Based on the heatmap and table above, all states except Selangor has a more than 100% increase in population size between the year 1979 and 1980. The factors of this increase may be due to:

  1. Census Revision: The 1980 Census likely provided more accurate data than previous estimates, capturing previously underreported or uncounted populations.

  2. Migration: Internal migration (e.g., urbanization) and international migration (e.g., foreign workers) likely contributed to population spikes.

  3. Statistical Adjustments: Earlier estimates may have been inaccurate or based on extrapolation, with the 1980 Census offering more precise figures.

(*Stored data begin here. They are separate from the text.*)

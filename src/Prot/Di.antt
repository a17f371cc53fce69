-- ===== src/Prot/Di.antt =====
-- lib/prot/di: the handlers of device initialisation, msg10 to msg13. What they call outside the
-- modelled files (lib/m-string.c, lib/sdocred.c, lib/credentials_from_file.c and the cryptography) is
-- a record of functions. The application's credentials and those of the run are one object, so both
-- pointers are null or neither is. The result 0 is success, and 1 stands for -1. The build is one
-- without DEVICE_TPM20_ENABLED. The label `err` is a return.
pub mod Lawfulness
pub mod Runs
pub mod Outcome
pub mod Accepted
use client_sdk.Base.{ℕ, Bool, true, false, ◌&&◌, ◌||◌, not, Option, none, some, ◌==◌, if◌then◌else◌}
use client_sdk.Env.{Env}
use client_sdk.Writer.{Sdow, sdow_next_block, sdow_begin_object, sdow_end_object, sdo_write_tag}
use client_sdk.Reader.{Sdor, sdor_begin_object, sdor_end_object, sdor_flush}
use client_sdk.Types.Keys.{PublicKey}
use client_sdk.Types.Rendezvous.{Hash, sdo_hash_write}
use client_sdk.Prot.{
  codes, OwnerBlk, MfgBlk, DevCred, Voucher, Prot, sdo_state_done, sdo_di_app_start,
  sdo_prot_rcv_msg,
}
use client_sdk.Prot.Machine.{StateFn, di_state_fn, Handlers}

abbrev pub sdo_di_set_credentials : ℕ
sdo_di_set_credentials = 11

abbrev pub sdo_di_set_hmac : ℕ
sdo_di_set_hmac = 12

abbrev pub sdo_di_done : ℕ
sdo_di_done = 13

abbrev pub sdo_device_state_ready1 : ℕ
sdo_device_state_ready1 = 3

abbrev pub sdo_prot_spec_version : ℕ
sdo_prot_spec_version = 113

abbrev pub encoding_x509 : ℕ
encoding_x509 = 1

abbrev pub encoding_rsa_mod_exp : ℕ
encoding_rsa_mod_exp = 3

pub record DiCalls : Type 0 where
  -- `app_get_credentials` does not return null.
  pub has_credentials : Bool
  -- `ps_get_m_string` on the writer; true is the result 0.
  pub ps_get_m_string : Sdow → Sdow × Bool
  -- `sdo_cred_mfg_alloc` and `sdo_cred_owner_alloc` do not return null.
  pub mfg_alloc : Bool
  pub owner_alloc : Bool
  -- `sdo_generate_ov_hmac_key` returns 0.
  pub generate_ov_hmac_key : Bool
  -- `sdo_ov_hdr_read` with the pointer to the HMAC: the reader, that pointer and the voucher.
  pub ov_hdr_read : Sdor → Option Hash → Sdor × Option Hash × Option Voucher
  pub pub_key_hash : Option PublicKey → Option Hash
  -- `store_credential` returns 0.
  pub store_credential : DevCred → Bool

-- `if (!test) goto err;` with the run that is left then.
unfoldable pub require : Bool → Prot → Prot × ℕ → Prot × ℕ
require true ps next = next
require false ps next = (ps, 1)

-- Where there is no message to read the handler returns 0 early.
unfoldable pub with_message : Prot → Prot × ℕ → Prot × ℕ
with_message ps handled =
    let rcv = sdo_prot_rcv_msg ps.sdor ps.state in
    if rcv.0 then handled else (record ps { state = rcv.1 }, 0)

module _ (e : Env) (c : DiCalls) where
  unfoldable pub msg10 : Prot → Prot × ℕ
  msg10 ps =
      let begun = sdow_begin_object e (sdow_next_block ps.sdow sdo_di_app_start) in
      let got = c.ps_get_m_string (sdo_write_tag e begun (codes "m")) in
      if got.1
      then (record ps { sdow = sdow_end_object e got.0; state = sdo_di_set_credentials }, 0)
      else (record ps { sdow = got.0 }, 1)

  -- The fields of the credentials that come from the voucher.
  unfoldable pub credentials_of : DevCred → MfgBlk → OwnerBlk → Voucher → DevCred
  credentials_of cred mfg owner ov = record cred {
    mfg_blk = some (record mfg { d = ov.dev_info });
    owner_blk = some (record owner {
      pv = ov.prot_version;
      pe = ov.key_encoding;
      rvlst = ov.rvlst2;
      guid = ov.g2;
      pk = ov.mfg_pub_key;
    });
  }

  -- Behind the header's last field.
  msg11_end : Prot → Prot × ℕ
  msg11_end ps =
      let ended = sdor_end_object ps.sdor in
      require ended.1 (record ps { sdor = ended.0 })
        (record ps { sdor = sdor_flush ended.0; state = sdo_di_set_hmac }, 0)

  msg11_voucher : Prot → DevCred → MfgBlk → OwnerBlk → Option Voucher → Prot × ℕ
  unfolding msg11_end credentials_of
  msg11_voucher ps cred mfg owner none = (ps, 1)
  msg11_voucher ps cred mfg owner (some ov) =
      require (ov.prot_version == sdo_prot_spec_version) ps (
        require (ov.key_encoding == encoding_x509 || ov.key_encoding == encoding_rsa_mod_exp) ps
          (msg11_end (record ps { dev_cred = some (credentials_of cred mfg owner ov) })))

  msg11_header : Prot → DevCred → MfgBlk → OwnerBlk → Prot × ℕ
  unfolding msg11_voucher
  msg11_header ps cred mfg owner =
      let got = c.ov_hdr_read ps.sdor ps.new_ov_hdr_hmac in
      let read = record ps { sdor = got.0; new_ov_hdr_hmac = got.1 } in
      require c.generate_ov_hmac_key ps (msg11_voucher read cred mfg owner got.2)

  -- The blocks that are missing are allocated; a new block is cleared.
  abbrev mfg_or_new : Option MfgBlk → Option MfgBlk
  mfg_or_new (some mfg) = some mfg
  mfg_or_new none = if c.mfg_alloc then some (record { d = none }) else none

  abbrev owner_or_new : Option OwnerBlk → Option OwnerBlk
  owner_or_new (some owner) = some owner
  owner_or_new none =
      if c.owner_alloc
      then some (record { pv = 0; pe = 0; guid = none; rvlst = none; pkh = none; pk = none })
      else none

  msg11_blocks : Prot → DevCred → Option MfgBlk → Option OwnerBlk → Prot × ℕ
  unfolding msg11_header
  msg11_blocks ps cred mfg none = (ps, 1)
  msg11_blocks ps cred none (some owner) = (ps, 1)
  msg11_blocks ps cred (some mfg) (some owner) = msg11_header ps cred mfg owner

  -- Behind the opening brace.
  msg11_body : Prot → DevCred → Prot × ℕ
  unfolding msg11_blocks
  msg11_body ps cred =
      let mfg = mfg_or_new cred.mfg_blk in
      let owner = owner_or_new cred.owner_blk in
      let filled = record cred { mfg_blk = mfg; owner_blk = owner } in
      msg11_blocks (record ps { dev_cred = some filled }) filled mfg owner

  msg11_message : Prot → DevCred → Prot × ℕ
  unfolding msg11_body
  msg11_message ps cred =
      let begun = sdor_begin_object ps.sdor in
      let ps' = record ps { sdor = begun.0 } in require begun.1 ps' (msg11_body ps' cred)

  -- The credentials that `app_get_credentials` returns.
  unfoldable pub app_credentials : Prot → Option DevCred
  app_credentials ps = if c.has_credentials then ps.dev_cred else none

  msg11_with : Prot → Option DevCred → Prot × ℕ
  unfolding msg11_message with_message
  msg11_with ps none = (ps, 1)
  msg11_with ps (some cred) = with_message ps (msg11_message ps cred)

  unfoldable pub msg11 : Prot → Prot × ℕ
  unfolding msg11_with app_credentials
  msg11 ps = msg11_with ps (app_credentials ps)

  -- The HMAC is freed and its pointer stays.
  msg12_hmac : Prot → Option Hash → Prot × ℕ
  msg12_hmac ps none = (ps, 1)
  msg12_hmac ps (some hmac) = (
    record ps { sdow = sdow_end_object e (sdo_hash_write e ps.sdow hmac); state = sdo_di_done },
    0,
  )

  unfoldable pub msg12 : Prot → Prot × ℕ
  unfolding msg12_hmac sdo_hash_write
  msg12 ps =
      let begun = sdow_begin_object e (sdow_next_block ps.sdow sdo_di_set_hmac) in
      msg12_hmac (record ps { sdow = sdo_write_tag e begun (codes "hmac") }) ps.new_ov_hdr_hmac

  -- The credentials with the state of a device that is ready for TO1, stored.
  msg13_store : Prot → DevCred → OwnerBlk → Option Hash → Prot × ℕ
  msg13_store ps cred owner none = (
    record ps { dev_cred = some (record cred { owner_blk = some (record owner { pkh = none }) }) },
    1,
  )
  msg13_store ps cred owner (some pkh) =
      let ready = record cred {
        st = sdo_device_state_ready1;
        owner_blk = some (record owner { pkh = some pkh });
      } in
      let ps' = record ps { dev_cred = some ready } in
      require (c.store_credential ready) ps' (record ps' { state = sdo_state_done }, 0)

  -- Without an owner block the C code reads through a null pointer; here the handler fails.
  msg13_owner : Prot → DevCred → Option OwnerBlk → Prot × ℕ
  unfolding msg13_store
  msg13_owner ps cred none = (ps, 1)
  msg13_owner ps cred (some owner) = msg13_store ps cred owner (c.pub_key_hash owner.pk)

  msg13_with : Prot → Option DevCred → Prot × ℕ
  unfolding msg13_owner with_message
  msg13_with ps none = (ps, 1)
  msg13_with ps (some cred) =
      with_message ps (msg13_owner (record ps { sdor = sdor_flush ps.sdor }) cred cred.owner_blk)

  unfoldable pub msg13 : Prot → Prot × ℕ
  unfolding msg13_with app_credentials
  msg13 ps = msg13_with ps (app_credentials ps)

  -- The table of DI, in front of handlers for the other tables.
  unfoldable pub di_message : ℕ → Prot → Prot × ℕ
  unfolding msg10 msg11 msg12 msg13
  di_message i ps =
      if i == 0
      then msg10 ps
      else if i == 1
      then msg11 ps
      else if i == 2
      then msg12 ps
      else msg13 ps

  unfoldable pub di_handlers : Handlers → Handlers
  unfolding di_message
  di_handlers others (di_state_fn i) ps = di_message i ps
  di_handlers others (StateFn.to1_state_fn i) ps = others (StateFn.to1_state_fn i) ps
  di_handlers others (StateFn.to2_state_fn i) ps = others (StateFn.to2_state_fn i) ps
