-- ===== src/Prot/Action.antt =====
-- lib/prot: what the handlers of TO1 and TO2 are made of. Each is an action on the run, whose failure
-- is the jump to the label `err` and the result -1, here 1; msg44 may fail with the result 0.
use client_sdk.Base.{ℕ, Bool, true, false, Option, none, some}
use client_sdk.Act.{Act, ◌>>=◌, ◌>>◌, modify, from}
use client_sdk.Env.{Env, bytes_of}
use client_sdk.Prot.{Prot, sdo_check_to2_round_trips}
use client_sdk.Prot.Di.{with_message}
use client_sdk.Reader.{Sdor, sdor_flush}
use client_sdk.Types.{Bits, sdo_bits_alloc}
use client_sdk.Types.Comparison.{Memcmp}
use client_sdk.Types.Reading.{read_chars}
use client_sdk.Writer.{Sdow}

abbrev pub sdo_nonce_bytes : ℕ
sdo_nonce_bytes = 16

-- An action on the reader, or on the writer, of the run.
unfoldable pub rd : {A : Type 0} → Act Sdor A → Act Prot A
rd m ps = let got = m ps.sdor in (record ps { sdor = got.0 }, got.1)

unfoldable pub wr : {A : Type 0} → Act Sdow A → Act Prot A
wr m ps = let got = m ps.sdow in (record ps { sdow = got.0 }, got.1)

-- A function on the writer that also returns a value.
unfoldable pub wrote : {A : Type 0} → (Sdow → Sdow × A) → Act Prot A
wrote f ps = let got = f ps.sdow in (record ps { sdow = got.0 }, some got.1)

abbrev pub write : (Sdow → Sdow) → Prot → Prot
write f ps = record ps { sdow = f ps.sdow }

abbrev pub flushed : Prot → Prot
flushed ps = record ps { sdor = sdor_flush ps.sdor }

-- The result of a handler.
unfoldable pub result : Prot × Option (Unit {0}) → Prot × ℕ
result (ps, none) = (ps, 1)
result (ps, some a) = (ps, 0)

-- A handler of a message that is received.
unfoldable pub received : Act Prot Unit → Prot → Prot × ℕ
unfolding result
received m ps = with_message ps (result (m ps))

-- What is done behind a failure.
unfoldable pub after_failure : (Prot → Prot) → Prot × Option (Unit {0}) → Prot × Option (Unit {0})
after_failure f (ps, none) = (f ps, none)
after_failure f (ps, some a) = (ps, some a)

unfoldable pub on_failure : (Prot → Prot) → Act Prot Unit → Act Prot Unit
unfolding after_failure
on_failure f m ps = after_failure f (m ps)

-- `sdo_nonce_equal`. A nonce is taken to have its 16 bytes.
unfoldable pub sdo_nonce_equal : Memcmp → Option Bits → Option Bits → Bool
sdo_nonce_equal memcmp_s none n2 = false
sdo_nonce_equal memcmp_s (some n1) none = false
sdo_nonce_equal memcmp_s (some n1) (some n2) =
    memcmp_s (bytes_of n1.bytes) sdo_nonce_bytes (bytes_of n2.bytes) sdo_nonce_bytes

module _ (e : Env) where
  -- A nonce is read into a new array, which the run points to.
  unfoldable pub read_nonce : (Option Bits → Prot → Prot) → Act Prot Unit
  read_nonce set = do
    modify (set (sdo_bits_alloc e sdo_nonce_bytes))
    ba ← from (sdo_bits_alloc e sdo_nonce_bytes)
    n ← rd (read_chars e ba)
    modify (set (some n))

  -- The limit of round trips is checked in front of a message of TO2.
  unfoldable pub within_limit : (Prot → Prot × ℕ) → Prot × Bool → Prot × ℕ
  within_limit k (ps, false) = (ps, 1)
  within_limit k (ps, true) = k ps

  unfoldable pub counted : (Prot → Prot × ℕ) → Prot → Prot × ℕ
  unfolding within_limit
  counted k ps = within_limit k (sdo_check_to2_round_trips e ps)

  4. Economic Changes: Rapid industrialization and urban growth during the 1970s-1980s could have led to population increases, particularly in states with industrial hubs.

4.8 Correlation Between Variables (Population, Age, Sex, Ethnicity)

# Preprocess data: Convert categorical variables to numeric for correlation
population_data_numeric <- population_data %>%
  mutate(sex = as.numeric(factor(sex)),
         ethnicity = as.numeric(factor(ethnicity)),
         state = as.numeric(factor(state)),
         age = as.numeric(age))

# Compute correlation matrix
cor_matrix <- cor(population_data_numeric %>% select(population, age, sex, ethnicity, state))

# Plot heatmap of correlation matrix with correlation values displayed
corrplot(cor_matrix, 
         method = "color", 
         tl.cex = 0.8, 
         cl.cex = 0.8,
         addCoef.col = "black",  # Add correlation values in black color
         title = "Correlation Heatmap of Population Data")

4.8.1 Insight

  • Weak Negative Relationship Between Population and Age: There’s a slight negative correlation (-0.25), meaning in some instances, younger populations may be linked with larger populations, though this correlation is not strong.
  • Minimal Influence of Sex and State on Population: Both the correlations for sex (-0.07) and state (-0.01) with population are extremely weak, indicating that changes in sex distribution or state characteristics have little impact on the population size.
  • Weak Positive Relationship Between Population and Ethnicity: There is a very weak positive correlation (0.07), suggesting a small tendency for ethnic diversity to increase as population grows, although this relationship is weak.

5.0 Modeling

5.1 Population Growth Forecasting (Regression Model):

# Aggregate data by state and date to calculate the total population for each state
# Required to create a time-series dataset for population forecasting using Prophet

population_growth <- population_data %>%
    group_by(state, date) %>%
    summarise(total_population = sum(population, na.rm = TRUE), .groups = "drop")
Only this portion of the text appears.